### Aim of the task
Extract all lines that hold "tell" from the records below.

### Data for this task
-- ===== src/Demo/Telegram.antt =====
-- A telegram as a line of text: `telegram_to_string` of examples/mvbsniffer/main.c and of
-- examples/mvbsniffer/reconnect.c.
pub mod Fit
use Prim.Native.String.{String}
use io4edge_client_c.Base.{
  ℕ, ◌<◌, Option, none, some, List, [], ◌∷◌, ◌++◌, length, ltb, if◌then◌else◌,
}
use io4edge_client_c.Demo.Text.{
  text, padded, decimal, hex, hex_byte, name_of, Buffer, append, blank,
}

-- `MvbSniffer__Telegram`
pub record Telegram : Type 0 where
  pub timestamp : ℕ
  pub address : ℕ
  pub type : ℕ
  pub state : ℕ
  pub data_bytes : List ℕ

-- The text of the first `snprintf`; `addr` is what stands between the timestamp and the address. `names`
-- are the names in `mvb_sniffer__telegram__type__descriptor`.
unfoldable pub heading : String → List (List ℕ) → Telegram → List ℕ
heading addr names t =
    text "Telegram: ts="
    ++ decimal t.timestamp
    ++ text addr
    ++ padded b'0' 3 (hex t.address)
    ++ text ", "
    ++ name_of names t.type
    ++ text ","

-- The loop over the data.
unfoldable pub append_bytes : List ℕ → Buffer → Option Buffer
append_bytes [] b = some b
append_bytes (byte ∷ rest) b = elim (append (text " " ++ hex_byte byte) b) [
  | none ↦ none
  | some b' ↦ append_bytes rest b'
]

-- The tail of the function, from the test of `data.len` on.
unfoldable pub append_data : List ℕ → Buffer → Option Buffer
append_data bytes b =
    if ltb 0 (length bytes)
    then elim (append (text " data=") b) [ none ↦ none | some b' ↦ append_bytes bytes b' ]
    else some b

-- `telegram_to_string` on a buffer of `buf_len` bytes. `none`: it stores a byte outside the buffer.
unfoldable pub telegram_to_string : String → List (List ℕ) → ℕ → Telegram → Option Buffer
telegram_to_string addr names buf_len t = elim (append (heading addr names t) (blank buf_len)) [
  | none ↦ none
  | some b ↦ append_data t.data_bytes b
]

-- The two files' functions differ in what stands in front of the address; nothing calls the one of reconnect.c.
abbrev pub main_addr : String
main_addr = " addr="

abbrev pub reconnect_addr : String
reconnect_addr = ", addr="

abbrev pub reconnect_telegram_to_string : List (List ℕ) → ℕ → Telegram → Option Buffer
reconnect_telegram_to_string = telegram_to_string reconnect_addr
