-- ===== src/Demo/Sniffer.antt =====
-- What examples/mvbsniffer/main.c and examples/mvbsniffer/reconnect.c share: the messages, the settings, the
-- lines that they print, and the report on one telegram.
use Prim.Native.Nat.{bit_and}
use io4edge_client_c.Base.{ℕ, Bool, false, not, none, List, [], ◌∷◌, ◌==◌}
use io4edge_client_c.Err.{Err}
use io4edge_client_c.Proto.{StreamControlStart, Unpack}
use io4edge_client_c.Blocks.MvbSniffer
use io4edge_client_c.Demo.{Act, ◌>>◌, print, when}
use io4edge_client_c.Demo.Text.{text}
use io4edge_client_c.Demo.Telegram.{Telegram}

-- TEST_PATTERN
abbrev pub test_pattern : List ℕ
test_pattern =
    text
      "034H`@`@`@`@a@`@`Cl@`BbH`@`@`@`@b@`@`Cl@aBbH`@`@`@`@c@`@`Cl@bBbH`@`@`@`@d@`@`Cl@cBbH`@`@`@`@e@a@`Cl@dBb1"

-- `MvbSniffer__FilterMask`
pub record FilterMask : Type 0 where
  pub f_code_mask : ℕ
  pub address : ℕ
  pub mask : ℕ
  pub include_timedout_frames : Bool

-- `MvbSniffer__StreamControlStart`; `n_filter` is the length.
pub record StreamConfig : Type 0 where
  pub filter : List FilterMask

-- `MvbSniffer__TelegramCollection`; `n_entry` is the length.
pub record TelegramCollection : Type 0 where
  pub entry : List Telegram

-- The generated code that the programs use: the block's messages, the `unpack` of a telegram collection, the values of
-- `MvbSniffer__Telegram__State`, and the names of `mvb_sniffer__telegram__type__descriptor`.
pub record Generated : Type 0 where
  pub messages : MvbSniffer.Messages StreamConfig
  pub telegram_collection_unpack : Unpack TelegramCollection
  pub successful : ℕ
  pub timed_out : ℕ
  pub missed_mvb_frames : ℕ
  pub missed_telegrams : ℕ
  pub type_names : List (List ℕ)

-- A line on the standard output.
pub data Line : Type 0 where
  reconnecting : Line
  failed_client failed_pattern failed_start failed_read : Err → Line
  failed_stream : Line
  received : (telegrams sequence : ℕ) → Line
  no_slave_frame mvb_frames_lost telegrams_lost : Line
  telegram : List ℕ → Line

abbrev pub stream_attr : StreamControlStart
stream_attr = record {
  bucketsamples = 100;
  bufferedsamples = 200;
  keepaliveinterval = 1000;
  low_latency_mode = false;
  functionspecificstreamcontrolstart = none;
}

abbrev pub config : StreamConfig
config = record {
  filter =
      record { f_code_mask = 0xfff; address = 0; mask = 0; include_timedout_frames = false } ∷ [];
}

-- `state & flag`
abbrev pub flagged : ℕ → ℕ → Bool
flagged state flag = not (bit_and state flag == 0)

module _ {S : Type 0} (pb : Generated) where
  -- The check of one telegram for errors.
  unfoldable pub check_telegram : Telegram → Act S Line (Unit {0})
  check_telegram t = when (not (t.state == pb.successful)) (do
    when (flagged t.state pb.timed_out) (print no_slave_frame)
    when (flagged t.state pb.missed_mvb_frames) (print mvb_frames_lost)
    when (flagged t.state pb.missed_telegrams) (print telegrams_lost))
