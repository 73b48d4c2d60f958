-- ===== src/Demo/Reconnect.antt =====
-- The program examples/mvbsniffer/reconnect.c: sessions with a client each, for ever.
pub mod Frees
pub mod Rounds
use io4edge_client_c.Base.{
  ℕ, zero, suc, ◌+◌, not, Bool, Option, none, some, List, [], ◌∷◌, ◌++◌, length, ◌==◌,
  if◌then◌else◌,
}
use io4edge_client_c.Err.{Err, is_ok}
use io4edge_client_c.Exec.{Exec, returns, hangs, fault}
use io4edge_client_c.Transport.{Transport}
use io4edge_client_c.Proto.{StreamData, Codec}
use io4edge_client_c.Socket.{Socket, socket_transport}
use io4edge_client_c.Client.{Client}
use io4edge_client_c.Lifecycle.{Held, World, client_new, client_delete}
use io4edge_client_c.Blocks.MvbSniffer.{send_pattern, start_stream}
use io4edge_client_c.Demo.{
  Turn, Run, Act, pure, ◌>>=◌, ◌>>◌, print, each, free_value, free_stream_data, unless_ok, follow,
  ask, tell, read_stream,
}
use io4edge_client_c.Demo.Sniffer.{
  test_pattern, TelegramCollection, Generated, Line, reconnecting, failed_client, failed_pattern,
  failed_start, failed_read, failed_stream, received, stream_attr, config, check_telegram,
}

module _ {S : Type 0} (pb : Generated) (codec : Codec) (tr : Transport S) where
  -- What the loop does with one message.
  unfoldable pub take_message : StreamData × TelegramCollection → Act S Line (Unit {0})
  take_message (stream_data, fs_stream_data) = do
    print (received (length fs_stream_data.entry) stream_data.sequence)
    each fs_stream_data.entry (check_telegram pb)
    free_value
    free_stream_data

  -- The loop over `n` messages, and the `return 0` behind it.
  unfoldable pub read_loop : ℕ → Act S Line ℕ
  read_loop zero = pure 0
  read_loop (suc n) = do
    (err, message) ← read_stream codec tr pb.telegram_collection_unpack 2
    unless_ok err failed_read (follow message (λ m. take_message m >> read_loop n))

  -- `handle_session`
  unfoldable pub handle_session : Act S Line ℕ
  handle_session = do
    (err, nothing) ← ask codec tr (send_pattern pb.messages codec tr test_pattern)
    unless_ok err failed_pattern (do
      err ← tell codec tr (start_stream pb.messages codec tr config stream_attr)
      unless_ok err failed_start (read_loop 500))

-- A session's first state.
abbrev pub opened : {S L : Type 0} → Client S → List Turn → List L → Run S L
opened client turns printed = record {
  client = client;
  turns = turns;
  values = 0;
  blocks = 0;
  printed = printed;
}

module _ (pb : Generated) (codec : Codec) (malloc : ℕ → Bool) where
  -- The end of a round: the line on a failed session, and `io4edge_functionblock_client_delete`, which
  -- leaves some unpacked messages.
  abbrev pub close : ℕ → Run Socket Line → Held → Held × ℕ × List Line
  close ret r held =
      let (err, held', left) = client_delete (some r.client) held in
      (held', left, if ret == 0 then r.printed else r.printed ++ failed_stream ∷ [])

  -- The body of the endless loop in `main`, in a world that does `w` when the client is created and `turns` in the
  -- session; what is held, the messages that the round leaves allocated, and the lines printed so far.
  unfoldable pub round : World → List Turn → Held → List Line → Exec (Held × ℕ × List Line)
  round w turns held printed =
      let (err, client, held') = client_new w 5 held in
      let printed' = printed ++ reconnecting ∷ [] in
      if not (is_ok err)
      then returns (held', 0, printed' ++ failed_client err ∷ [])
      else elim client [
        | none ↦ fault
        | some h ↦
            elim (handle_session pb codec (socket_transport malloc) (opened h turns printed')) [
              | returns (ret, r) ↦ returns (close ret r held')
              | hangs ↦ hangs
              | fault ↦ fault
            ]
      ]

  -- Some rounds of the loop, with the messages that they leave in all.
  unfoldable pub rounds : List (World × List Turn) → Held → List Line → Exec (Held × ℕ × List Line)
  rounds [] held printed = returns (held, 0, printed)
  rounds ((w, turns) ∷ more) held printed = elim (round w turns held printed) [
    | returns (held', left, printed') ↦ elim (rounds more held' printed') [
      | returns (held'', left', printed'') ↦ returns (held'', left + left', printed'')
      | hangs ↦ hangs
      | fault ↦ fault
    ]
    | hangs ↦ hangs
    | fault ↦ fault
  ]
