-- ===== src/Demo/Reconnect/Frees.antt =====
-- A session of examples/mvbsniffer/reconnect.c frees what it is handed.
use io4edge_client_c.Base.{ℕ, zero, suc, ◌+◌}
use io4edge_client_c.Exec.{returns}
use io4edge_client_c.Transport.{Transport}
use io4edge_client_c.Proto.{StreamData, Codec}
use io4edge_client_c.Demo.{Run}
use io4edge_client_c.Demo.Sniffer.{
  TelegramCollection, Generated, Line, failed_pattern, failed_start, failed_read, check_telegram,
}
use io4edge_client_c.Demo.Ensures.{
  Ensures, >>=-Ensures, weaken, strengthen, pure-Ensures, Owes, Ended, printed-Owes, print-Ensures,
  free_value-Ensures, free_stream_data-Ensures,
}
use io4edge_client_c.Demo.Control.{
  early_return, handed, when-Ensures, each-Ensures, follow-Ensures, unless_ok-Ensures,
}
use io4edge_client_c.Demo.Calls.{
  ask-Ensures, tell-Ensures, read_stream-Ensures, request-Settles, order-Settles,
}
use io4edge_client_c.Demo.Reconnect.{take_message, read_loop, handle_session}
use io4edge_client_c.Base.{◌≡◌, ◌⊎◌, inl, inr, refl}
use io4edge_client_c.Demo.Telegram.{Telegram}

module _ {S : Type 0} {out values blocks k : ℕ} (pb : Generated) where
  pub check_telegram-Ensures :
      (t : Telegram)
      → Ensures {S = S}
          (Owes out values blocks k)
          (check_telegram pb t)
          (λ u. Owes out values blocks k)
  unfolding check_telegram
  check_telegram-Ensures t = when-Ensures _ (
      >>=-Ensures (when-Ensures _ (print-Ensures _)) (λ u.
        >>=-Ensures (when-Ensures _ (print-Ensures _)) (λ u. when-Ensures _ (print-Ensures _))))

module _ {S : Type 0} {out values blocks k : ℕ} (pb : Generated) (codec : Codec)
    (tr : Transport S) where
  take_message-Ensures :
      (m : StreamData × TelegramCollection)
      → Ensures
          (Owes (out + 1) (values + 1) blocks k)
          (take_message pb codec tr m)
          (λ u. Owes out values blocks k)
  unfolding take_message
  take_message-Ensures m = >>=-Ensures (print-Ensures _) (λ u.
      >>=-Ensures (each-Ensures _ (λ t. check_telegram-Ensures pb t))
        (λ u. >>=-Ensures free_value-Ensures (λ u. free_stream_data-Ensures)))

module _ {S : Type 0} {values blocks k : ℕ} (pb : Generated) (codec : Codec)
    (tr : Transport S) where
  read_loop-Ensures :
      (n : ℕ)
      → Ensures {S = S} (Owes 0 values blocks k) (read_loop pb codec tr n) (Ended values blocks k)
  unfolding read_loop Ended
  read_loop-Ensures zero = weaken (pure-Ensures 0) (λ ret r q. inl q)
  read_loop-Ensures (suc n) =
      >>=-Ensures (read_stream-Ensures codec tr pb.telegram_collection_unpack 2) (λ a.
        unless_ok-Ensures a.0 failed_read
          (λ good. follow-Ensures a.1 (λ m e.
            strengthen (λ r d. handed 0 values blocks k a.0 a.1 m r e d)
              (>>=-Ensures (take_message-Ensures pb codec tr m) (λ u. read_loop-Ensures n))))
          (λ bad r d. early_return values blocks k a.0 a.1 _ r bad d))

  handle_session-Ensures :
      Ensures {S = S} (Owes 0 values blocks k) (handle_session pb codec tr) (Ended values blocks k)
  unfolding handle_session Ended
  handle_session-Ensures =
      >>=-Ensures (ask-Ensures codec tr _ (request-Settles codec tr _ _ _)) (λ a.
        unless_ok-Ensures a.0 failed_pattern
          (λ good. >>=-Ensures (tell-Ensures codec tr _ (order-Settles codec tr _)) (λ err.
            unless_ok-Ensures err failed_start (λ good. read_loop-Ensures 500)
              (λ bad r o. inr (refl, inl (printed-Owes _ o)))))
          (λ bad r o. inr (refl, inl (printed-Owes _ o))))

  -- A session of reconnect.c that returns, from a state where every live message has one owner and none is in the
  -- program's hands: if it returns 0, the same holds again; if it returns 1, at most one message more is live, lost by
  -- the read that failed. The unpacked telegrams are all freed on either way.
  pub session_frees :
      (r : Run S Line) {ret : ℕ} {r' : Run S Line}
      → handle_session pb codec tr r ≡ returns (ret, r')
      → Owes 0 values blocks k r
      → (ret ≡ 0) × Owes 0 values blocks k r'
        ⊎ (ret ≡ 1) × (Owes 0 values blocks k r' ⊎ Owes 1 values blocks k r')
  unfolding Ended
  session_frees r {ret} {r'} eq o = handle_session-Ensures.holds r o ret r' eq
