-- ===== src/Demo/Reconnect/Rounds.antt =====
-- The endless loop of examples/mvbsniffer/reconnect.c holds no more from round to round.
use io4edge_client_c.Base.{ℕ, Bool, some, List, [], ◌∷◌, ◌++◌, ◌==◌, if◌then◌else◌}
use io4edge_client_c.Exec.{Exec, returns, hangs, fault}
use io4edge_client_c.Proto.{Codec}
use io4edge_client_c.Socket.{Socket, socket_transport}
use io4edge_client_c.Client.{Client}
use io4edge_client_c.Lifecycle.{Held, World, client_new, fresh}
use io4edge_client_c.Demo.{Turn, Run}
use io4edge_client_c.Demo.Sniffer.{Generated, Line, reconnecting, failed_stream}
use io4edge_client_c.Demo.Reconnect.{handle_session, opened, close, round, rounds}
use io4edge_client_c.Lifecycle.Balance.{client_new_cases, new_delete}
use io4edge_client_c.Session.Life.{delete_same}
use io4edge_client_c.Err.{ok}
use io4edge_client_c.Base.{◌≡◌, inl, inr, refl, ap, ◌∙◌, arith}

module _ (pb : Generated) (codec : Codec) (malloc : ℕ → Bool) where
  -- A round whose client has been created.
  used :
      (w : World) (turns : List Turn) (held held' : Held) (printed : List Line) (h : Client Socket)
      (e : Exec (ℕ × Run Socket Line)) {after : Held} {left : ℕ} {lines : List Line}
      → client_new w 5 held ≡ (ok, some h, held')
      → handle_session pb codec
          (socket_transport malloc)
          (opened h turns (printed ++ reconnecting ∷ []))
        ≡ e
      → round pb codec malloc w turns held printed ≡ returns (after, left, lines)
      → after ≡ held
  unfolding round
  used w turns held held' printed h hangs made c eq = absurd (ground arith)
  used w turns held held' printed h fault made c eq = absurd (ground arith)
  used w turns held held' printed h (returns (ret, r)) {after} made c eq =
      let deleted = delete_same h r.client held' (new_delete w 5 held made) in
      let to_close : round pb codec malloc w turns held printed
          ≡ returns (close pb codec malloc ret r held') =
        ground arith in
      let ended : round pb codec malloc w turns held printed
          ≡ returns (
            held,
            r.client.live,
            if ret == 0 then r.printed else r.printed ++ failed_stream ∷ [],
          ) =
        to_close ∙ ap returns (rw deleted refl) in
      ground arith

  round-held :
      (w : World) (turns : List Turn) (held : Held) (printed : List Line) {after : Held} {left : ℕ}
      {lines : List Line}
      → round pb codec malloc w turns held printed ≡ returns (after, left, lines)
      → after ≡ held
  unfolding round
  round-held w turns held printed {after} eq = elim (client_new_cases w 5 held) [
    | inl (c, held', done, m) ↦
        let made : client_new w 5 held ≡ (ok, some (fresh w.connection m.queue 5), held') =
          done ∙ ap (λ x. (ok, x, held')) m.client in
        used w turns held held' printed (fresh w.connection m.queue 5) _ made refl eq
    | inr (e, bad, failed) ↦ ground arith
  ]

  round_then :
      (w : World) (turns : List Turn) (more : List (World × List Turn)) (held : Held)
      (printed : List Line) (e : Exec (Held × ℕ × List Line)) {after : Held} {left : ℕ}
      {lines : List Line}
      → round pb codec malloc w turns held printed ≡ e
      → rounds pb codec malloc ((w, turns) ∷ more) held printed ≡ returns (after, left, lines)
      → (held' : Held) × (left' : ℕ) × (printed' : List Line) × (left'' : ℕ) × (round pb codec
            malloc w turns held printed
          ≡ returns (held', left', printed'))
        × (rounds pb codec malloc more held' printed' ≡ returns (after, left'', lines))
  unfolding rounds
  round_then w turns more held printed hangs c eq = absurd (ground arith)
  round_then w turns more held printed fault c eq = absurd (ground arith)
  round_then w turns more held printed (returns (held', left', printed')) {after} {left} {lines} c
        eq =
      further _ refl eq
    where
      further :
          (e : Exec (Held × ℕ × List Line))
          → rounds pb codec malloc more held' printed' ≡ e
          → rounds pb codec malloc ((w, turns) ∷ more) held printed ≡ returns (after, left, lines)
          → (held' : Held) × (left' : ℕ) × (printed' : List Line) × (left'' : ℕ) × (round pb codec
                malloc w turns held printed
              ≡ returns (held', left', printed'))
            × (rounds pb codec malloc more held' printed' ≡ returns (after, left'', lines))
      further hangs d eq = absurd (ground arith)
      further fault d eq = absurd (ground arith)
      further (returns (held'', left'', printed'')) d eq =
          (held', left', printed', left'', c, ground arith)

  -- After any number of rounds, in each of which the connection may fail or the session break off, the program holds
  -- just the blocks, sockets and threads that it held at first.
  pub rounds_hold_nothing :
      (ws : List (World × List Turn)) (held : Held) (printed : List Line) {after : Held} {left : ℕ}
      {lines : List Line}
      → rounds pb codec malloc ws held printed ≡ returns (after, left, lines)
      → after ≡ held
  unfolding rounds
  rounds_hold_nothing [] held printed eq = ground arith
  rounds_hold_nothing ((w, turns) ∷ more) held printed eq =
      let (held', left', printed', left'', one, rest) =
        round_then w turns more held printed _ refl eq in
      rounds_hold_nothing more held' printed' rest ∙ round-held w turns held printed one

### Response box
  ask, tell, read_stream,
      err ← tell codec tr (start_stream pb.messages codec tr config stream_attr)
  ask-Ensures, tell-Ensures, read_stream-Ensures, request-Settles, order-Settles,
          (λ good. >>=-Ensures (tell-Ensures codec tr _ (order-Settles codec tr _)) (λ err.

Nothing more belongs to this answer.